Saved data entries –
○ ○ ○ ○
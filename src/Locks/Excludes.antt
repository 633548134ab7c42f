-- ===== src/Locks/Excludes.antt =====
-- What a lock promises the threads that use it, and what their counter then holds.
use networking_howto.Prelude.{update, ℕ, ◌≤◌, ◌<◌, ◌≡◌, ◌≢◌, refl}
use networking_howto.Locks.Threads.{
  SpinLock, Section, loading, storing, releasing, Pc, outside, waiting, inside, after_attempt,
}

-- An invariant of the lock and of where `num_threads` threads stand, under which two threads are
-- never inside together. Each law is about one step of a thread.
pub record Excludes (lock : SpinLock) (num_threads : ℕ) : Type 1 where
  pub Holds : lock.State → (ℕ → Pc lock.Wait) → Type 0
  pub starts : Holds lock.init (λ t. outside)
  pub begins :
      (s : lock.State) (pc : ℕ → Pc lock.Wait) (t : ℕ)
      → t < num_threads
      → Holds s pc
      → pc t ≡ outside
      → Holds (lock.begin s).0 (update pc t (waiting (lock.begin s).1))
  pub attempts :
      (s : lock.State) (pc : ℕ → Pc lock.Wait) (t : ℕ) (w : lock.Wait)
      → t < num_threads
      → Holds s pc
      → pc t ≡ waiting w
      → Holds (lock.attempt w s).0 (update pc t (after_attempt lock (lock.attempt w s).1))
  pub moves :
      (s : lock.State) (pc : ℕ → Pc lock.Wait) (t : ℕ) (c c' : Section)
      → t < num_threads
      → Holds s pc
      → pc t ≡ inside c
      → Holds s (update pc t (inside c'))
  pub releases :
      (s : lock.State) (pc : ℕ → Pc lock.Wait) (t : ℕ) (c : Section)
      → t < num_threads
      → Holds s pc
      → pc t ≡ inside c
      → Holds (lock.release s) (update pc t outside)
  pub exclusive :
      (s : lock.State) (pc : ℕ → Pc lock.Wait) (t u : ℕ) (c c' : Section)
      → t < num_threads
      → u < num_threads
      → Holds s pc
      → pc t ≡ inside c
      → pc u ≡ inside c'
      → t ≡ u

module _ {W : Type 0} where
  -- A value that was loaded is still that of `var`.
  abbrev pub Loaded : ℕ → Pc W → Type 0
  Loaded var outside = Unit
  Loaded var (waiting w) = Unit
  Loaded var (inside loading) = Unit
  Loaded var (inside (storing value)) = value ≡ var
  Loaded var (inside releasing) = Unit

  -- A thread that is not at the loop's test has a round to finish.
  abbrev pub Rounds : ℕ → ℕ → Pc W → Type 0
  Rounds num_iterations i outside = i ≤ num_iterations
  Rounds num_iterations i (waiting w) = i < num_iterations
  Rounds num_iterations i (inside c) = i < num_iterations

  -- The increment of the round that is not over.
  abbrev pub extra : Pc W → ℕ
  extra outside = 0
  extra (waiting w) = 0
  extra (inside loading) = 0
  extra (inside (storing value)) = 0
  extra (inside releasing) = 1

  pub Loaded-outside : (var : ℕ) (p : Pc W) → ((c : Section) → p ≢ inside c) → Loaded var p
  Loaded-outside var outside out = tt
  Loaded-outside var (waiting w) out = tt
  Loaded-outside var (inside c) out = absurd (out c refl)
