-- ===== src/Locks/Counter.antt =====
-- The counter of the programs with a spin lock, for any lock that excludes.
use networking_howto.Prelude.{
  each, total, total-all, total_change, total_same, update, update_ne, update_self, ℕ, ◌+◌, ◌*◌,
  ◌<◌, ◌≡◌, ◌^◌, Option, none, some, List, [], ◌∷◌, ltb, Bool-cases, inl, inr, ltb→lt, arith, refl,
  sym, ap, ◌∙◌, subst, u32, u64,
}
use networking_howto.Locks.Threads.{
  SpinLock, Section, loading, storing, releasing, Pc, outside, waiting, inside, System, go,
  after_attempt, thread_at, run, start,
}
use networking_howto.Locks.Excludes.{Excludes, Loaded, Rounds, extra, Loaded-outside}

-- A schedule of the first `n` threads.
abbrev pub AllBelow : ℕ → List ℕ → Type 0
AllBelow n [] = Unit
AllBelow n (t ∷ ts) = (t < n) × AllBelow n ts

-- Every thread has returned from `thread_func`.
abbrev pub AllDone : (lock : SpinLock) (num_threads num_iterations : ℕ) → System lock → Type 0
AllDone lock num_threads num_iterations s =
    (u : ℕ) → u < num_threads → (s.pc u ≡ outside) × (s.i u ≡ num_iterations)

module _ (lock : SpinLock) (num_threads num_iterations : ℕ) (excludes : Excludes lock num_threads)
    (few : num_iterations < 2 ^ 64) where
  -- The increments of thread `u` so far.
  abbrev increments : (ℕ → Pc lock.Wait) → (ℕ → ℕ) → ℕ → ℕ
  increments pc i u = i u + extra (pc u)

  record Good (s : System lock) : Type 0 where
    locked : excludes.Holds s.shared s.pc
    loaded : (u : ℕ) → u < num_threads → Loaded s.var (s.pc u)
    rounds : (u : ℕ) → u < num_threads → Rounds num_iterations (s.i u) (s.pc u)
    counted : s.var ≡ u32 (total num_threads (increments s.pc s.i))

  -- A move of thread `t` in which neither `var` nor its number of increments changes.
  move-Good :
      (s : System lock) (shared : lock.State) (t : ℕ) (p p' : Pc lock.Wait)
      → Good s
      → s.pc t ≡ p
      → excludes.Holds shared (update s.pc t p')
      → Loaded s.var p'
      → (t < num_threads → Rounds num_iterations (s.i t) p')
      → extra p' ≡ extra p
      → Good (go lock (record s { shared = shared }) t p')
  move-Good s shared t p p' good at locked loaded rounds same = record {
    locked = locked;
    loaded =
        each (λ u q. u < num_threads → Loaded s.var q) s.pc t p' (λ l. loaded)
          (λ u ne. good.loaded u);
    rounds =
        each (λ u q. u < num_threads → Rounds num_iterations (s.i u) q) s.pc t p' rounds
          (λ u ne. good.rounds u);
    counted =
        good.counted
        ∙ ap u32 (
            sym (
              total_same num_threads _ _ (λ u l.
                each (λ v q. s.i v + extra q ≡ s.i v + extra (s.pc v)) s.pc t p'
                  (ap (λ e. s.i t + e) (same ∙ ap extra (sym at))) (λ v ne. refl) u)));
  }

  store-Good :
      (s : System lock) (t value : ℕ)
      → t < num_threads
      → Good s
      → s.pc t ≡ inside (storing value)
      → Good (go lock (record s { var = u32 (value + 1) }) t (inside releasing))
  store-Good s t value l good at = record {
    locked = excludes.moves s.shared s.pc t (storing value) releasing l good.locked at;
    loaded =
        each (λ u q. u < num_threads → Loaded (u32 (value + 1)) q) s.pc t (inside releasing)
          (λ l'. tt)
          (λ u ne l'. Loaded-outside (u32 (value + 1)) (s.pc u) (λ c in_there.
            ne (
              excludes.exclusive s.shared s.pc u t c (storing value) l' l good.locked in_there
                at)));
    rounds =
        each (λ u q. u < num_threads → Rounds num_iterations (s.i u) q) s.pc t (inside releasing)
          (λ l'. subst (Rounds num_iterations (s.i t)) at (good.rounds t l))
          (λ u ne. good.rounds u);
    counted =
        let is_var = subst (Loaded s.var) at (good.loaded t l) in
        let was = good.counted in
        let change =
          total_change num_threads t (increments (update s.pc t (inside releasing)) s.i)
            (increments s.pc s.i) l
            (λ u ne. ap (λ q. s.i u + extra q) (update_ne s.pc t (inside releasing) u ne)) in
        let before = ap extra at in
        let then = ap extra (update_self s.pc t (inside releasing)) in
        omega (arith, is_var, was, change, before, then);
  }

  release-Good :
      (s : System lock) (t : ℕ)
      → t < num_threads
      → Good s
      → s.pc t ≡ inside releasing
      → Good (
          go lock
            (record s { shared = lock.release s.shared; i = update s.i t (u64 (s.i t + 1)) })
            t
            outside)
  release-Good s t l good at =
      let more : s.i t < num_iterations =
        subst (Rounds num_iterations (s.i t)) at (good.rounds t l) in
      let next : u64 (s.i t + 1) ≡ s.i t + 1 = omega (arith, more, few) in
      record {
        locked = excludes.releases s.shared s.pc t releasing l good.locked at;
        loaded =
            each (λ u q. u < num_threads → Loaded s.var q) s.pc t outside (λ l'. tt)
              (λ u ne. good.loaded u);
        rounds =
            each
              (λ u q. u < num_threads → Rounds num_iterations (update s.i t (u64 (s.i t + 1)) u) q)
              s.pc t outside
              (λ l'. let i' = update_self s.i t (u64 (s.i t + 1)) in omega (arith, i', next, more))
              (λ u ne l'.
                subst (λ j. Rounds num_iterations j (s.pc u))
                  (sym (update_ne s.i t (u64 (s.i t + 1)) u ne)) (good.rounds u l'));
        counted =
            good.counted
            ∙ ap u32 (
                sym (
                  total_same num_threads _ _ (λ u l'.
                    each
                      (λ v q. update s.i t (u64 (s.i t + 1)) v + extra q ≡ s.i v + extra (s.pc v))
                      s.pc t outside
                      (let i' = update_self s.i t (u64 (s.i t + 1)) in
                        let e = ap extra at in omega (arith, i', next, e))
                      (λ v ne.
                        ap (λ j. j + extra (s.pc v)) (update_ne s.i t (u64 (s.i t + 1)) v ne))
                      u)));
      }

  step-Good :
      (s : System lock) (t : ℕ) (p : Pc lock.Wait)
      → t < num_threads
      → Good s
      → s.pc t ≡ p
      → Good (thread_at lock num_iterations t s p)
  unfolding thread_at
  step-Good s t outside l good at = elim (Bool-cases (ltb (s.i t) num_iterations)) [
    | inl more ↦ rw more (
        move-Good s (lock.begin s.shared).0 t outside (waiting (lock.begin s.shared).1) good at
          (excludes.begins s.shared s.pc t l good.locked at) tt
          (λ l'. ltb→lt (s.i t) num_iterations more) refl)
    | inr over ↦ rw over good
  ]
  step-Good s t (waiting w) l good at =
      attempt_move (lock.attempt w s.shared).0 (lock.attempt w s.shared).1
        (excludes.attempts s.shared s.pc t w l good.locked at)
    where
      attempt_move :
          (shared : lock.State) (again : Option lock.Wait)
          → excludes.Holds shared (update s.pc t (after_attempt lock again))
          → Good (go lock (record s { shared = shared }) t (after_attempt lock again))
      attempt_move shared none locked =
          move-Good s shared t (waiting w) (inside loading) good at locked tt
            (λ l'. subst (Rounds num_iterations (s.i t)) at (good.rounds t l)) refl
      attempt_move shared (some w') locked =
          move-Good s shared t (waiting w) (waiting w') good at locked tt
            (λ l'. subst (Rounds num_iterations (s.i t)) at (good.rounds t l)) refl
  step-Good s t (inside loading) l good at =
      move-Good s s.shared t (inside loading) (inside (storing s.var)) good at
        (excludes.moves s.shared s.pc t loading (storing s.var) l good.locked at) refl
        (λ l'. subst (Rounds num_iterations (s.i t)) at (good.rounds t l)) refl
  step-Good s t (inside (storing value)) l good at = store-Good s t value l good at
  step-Good s t (inside releasing) l good at = release-Good s t l good at

  run-Good :
      (ts : List ℕ) (s : System lock)
      → AllBelow num_threads ts
      → Good s
      → Good (run lock num_iterations ts s)
  unfolding run
  run-Good [] s below good = good
  run-Good (t ∷ ts) s below good =
      run-Good ts (thread_at lock num_iterations t s (s.pc t)) below.1
        (step-Good s t (s.pc t) below.0 good refl)

  start-Good : Good (start lock)
  start-Good = record {
    locked = excludes.starts;
    loaded = λ u l. tt;
    rounds = λ u l. omega arith;
    counted =
        let none_yet = total-all num_threads 0 (λ u. 0) (λ u l. refl) in
        let product : num_threads * 0 ≡ 0 = grind arith in omega (arith, none_yet, product);
  }

  pub inside_alone :
      (ts : List ℕ) (t u : ℕ) (c c' : Section)
      → AllBelow num_threads ts
      → t < num_threads
      → u < num_threads
      → (run lock num_iterations ts (start lock)).pc t ≡ inside c
      → (run lock num_iterations ts (start lock)).pc u ≡ inside c'
      → t ≡ u
  inside_alone ts t u c c' below l l' at at' =
      let s = run lock num_iterations ts (start lock) in
      excludes.exclusive s.shared s.pc t u c c' l l'
        (run-Good ts (start lock) below start-Good).locked at at'

  pub final_var :
      (ts : List ℕ)
      → AllBelow num_threads ts
      → AllDone lock num_threads num_iterations (run lock num_iterations ts (start lock))
      → (run lock num_iterations ts (start lock)).var ≡ u32 (num_threads * num_iterations)
  final_var ts below all =
      let s = run lock num_iterations ts (start lock) in
      (run-Good ts (start lock) below start-Good).counted
      ∙ ap u32 (
          total-all num_threads num_iterations (increments s.pc s.i) (λ u l.
            let e = ap extra (all u l).0 in let rounds = (all u l).1 in omega (arith, e, rounds)))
○ ○ ○ ○
Exercise objective – Set down, exactly as they appear, the line holding "(ts : List ℕ) (t" and every line after it until the records end.

Result of this exercise –
      (ts : List ℕ) (t u : ℕ) (c c' : Section)
      → AllBelow num_threads ts
      → t < num_threads
      → u < num_threads
      → (run lock num_iterations ts (start lock)).pc t ≡ inside c
      → (run lock num_iterations ts (start lock)).pc u ≡ inside c'
      → t ≡ u
  inside_alone ts t u c c' below l l' at at' =
      let s = run lock num_iterations ts (start lock) in
      excludes.exclusive s.shared s.pc t u c c' l l'
        (run-Good ts (start lock) below start-Good).locked at at'

  pub final_var :
      (ts : List ℕ)
      → AllBelow num_threads ts
      → AllDone lock num_threads num_iterations (run lock num_iterations ts (start lock))
      → (run lock num_iterations ts (start lock)).var ≡ u32 (num_threads * num_iterations)
  final_var ts below all =
      let s = run lock num_iterations ts (start lock) in
      (run-Good ts (start lock) below start-Good).counted
      ∙ ap u32 (
          total-all num_threads num_iterations (increments s.pc s.i) (λ u l.
            let e = ap extra (all u l).0 in let rounds = (all u l).1 in omega (arith, e, rounds)))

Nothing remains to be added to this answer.